Michael Moore claims that during the Reagan years, the richest had their top tax rate cut in half

In his latest film, Capitalism: A Love Story , Michael Moore takes more than a few swipes at President Ronald Reagan, essentially asserting that under Reagan's watch, the rich got richer at the expense of everyone else.

During the Reagan era, he said, "the richest Americans had their top income tax rate cut in half."

Moore is correct that the top marginal tax rate — the rate of income tax charged to an individual on their last dollar of earnings — decreased from 70 percent in 1980 to 28 percent in 1989.

That's not the same as saying the richest had their taxes cut in half.

In 1980, the top marginal tax rate was 70 percent on earnings over $161,300. The rate was substantially lower for the income earned below that. For example, that year, there were no taxes on the first $2,300 of income; 14 percent on income between $2,300 and $4,400; and on up via a graduated scale.

So if you made $162,000 in 1980, for example, you paid far less on average than 70 percent of your income in federal taxes.

The marginal tax rate also doesn't take into account various available deductions and tax credits, said Bob Williams of the Tax Policy Center. When Reagan revamped the tax code and dropped the top marginal tax rates to 50 percent in 1982, and then down to 28 percent by 1988, he also closed some of the tax loopholes available to people at the top.

It's much fairer, we think, to look at effective individual income tax rates. That's the actual percentage of income that people paid in income taxes, factoring in not only the graduated percentages along the marginal tax rate scale, but also the deductions and tax credits that people were entitled to.

In 1980, the effective individual income tax rate for the top 1 percent of earners was 22.3 percent. In 1989, that rate dropped to 19.9 percent. That's a decrease of 2.4 percentage points, which works out to an 11 percent drop.

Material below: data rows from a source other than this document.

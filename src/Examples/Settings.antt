-- ===== src/Examples/Settings.antt =====
-- A configuration that passes the checks.
use thunder_go.Prelude.{◌≡◌, refl, sym, subst, false, Option, some, []}
use thunder_go.Config.{Config, valid, validate, Url, listen_port}
use thunder_go.Config.Ports.{IsPort, HasPort, listen_port-IsPort}
use thunder_go.Prelude.Int.{pos, negsuc}
use thunder_go.Prelude.Text.{Text, codes, text_eq, to_lower}
use thunder_go.Prelude.Text.Decimal.{parse_int}

abbrev pub settings : Config
settings = record {
  api_id = pos 12;
  vault_channel_id = negsuc 1000000000122;
  force_sub_channel_id = pos 0;
  owner_user_id = pos 7;
  token_enabled = false;
  token_ttl_hours = pos 0;
  max_concurrent_per_client = pos 8;
  file_ttl_days = pos 0;
  keepalive_secs = pos 0;
  log_level = codes "info";
  http_port = pos 0;
  batch_cap = pos 0;
  base_url = codes "https://bot.example";
  private_mode = false;
  banned_channel_ids = [];
  channel_auto_process = false;
}

abbrev settled_settings : Config
settled_settings = record settings { batch_cap = pos 50 }

settings-validate : validate settings ≡ valid settled_settings
unfolding validate to_lower text_eq
settings-validate = refl

abbrev parse_example : Text → Option Url
parse_example base = some (record { port = []; scheme = codes "https" })

parse-HasPort : HasPort parse_example settled_settings.base_url
unfolding parse_int
parse-HasPort u n f g =
    let same : [] ≡ u.port = cc f in
    let k : parse_int [] ≡ some n = subst (λ t. parse_int t ≡ some n) (sym same) g in cc k

listen_port-IsPort_example : IsPort (listen_port parse_example (codes "70000") settled_settings)
listen_port-IsPort_example =
    listen_port-IsPort parse_example (codes "70000") settings settled_settings parse-HasPort
      settings-validate
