-- ===== src/Examples/Admitting.antt =====
-- A message of a stranger, to a bot that asks for nothing.
use thunder_go.Prelude.{true, false, none, some, []}
use thunder_go.Bot.Dispatch.{Incoming}
use thunder_go.Bot.Preflight.{Answers, Context, State}
use thunder_go.Prelude.Int.{pos}
use thunder_go.Prelude.Text.{codes}

abbrev answers : Answers
answers = record {
  is_channel_banned = λ id. some false;
  is_user_banned = λ id. some false;
  is_authorized = λ id. some false;
  is_user_activated = λ id. some false;
  has_primary = true;
  get_chat_member = λ chat id. none;
  global = none;
  random = none;
  save_activation_token = λ t. true;
  handler_fails = λ t. false;
}

abbrev idle : State
idle = record { limiter = none; shortener = none }

abbrev stranger : Context
stranger = record { sender = pos 9; is_authorized = false; cmd = some (codes "link") }

abbrev link_message : Incoming
link_message = record {
  is_channel = false;
  is_group = false;
  is_private = true;
  is_media = false;
  is_command = true;
  channel_id = pos 0;
  chat_id = pos 9;
  sender_id = pos 9;
  get_command = codes "/link";
  args = [];
}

That's sizable, but nowhere near 50 percent.

If you widen the field and consider the top 10 percent of earners, instead of just the top 1 percent,   the drop in effective individual income tax rate was about the same, just over 10 percent.

For middle incomes, the effective individual income tax rate also dropped, from 8 percent to 6 percent. That's a 25 percent decrease. In other words, it wasn't just the rich who saw their income tax rates drop under Reagan.

One more thing. When the top marginal tax rate dropped between 1980 and 1989, it went from 70 percent on earnings over $161,300 in 1980 to 28 percent on earnings over $128,810 in 1989. Obviously, that's not an apples-to-apples comparison.

Did the rich get richer during the Reagan years? Yes.

And Moore is technically correct when he says that "the richest Americans had their top income tax rate cut in half." But we suspect some may mistake that for the richest having their taxes cut in half. In fact, we first began to look at this claim from a fact sheet provided on Moore's Web site before the movie was publicly released. And in the fact sheet, it states that "the richest had their taxes cut in half." We were prepared to give that a False, as the effective tax rate for the richest was cut by about 10 or 11 percent.

But in the movie, Moore describes it as "the top income tax rate," apparently referring to the highest marginal rate. As we said, some may misinterpret that, but we think Moore has been careful enough with his words to get a Mostly True.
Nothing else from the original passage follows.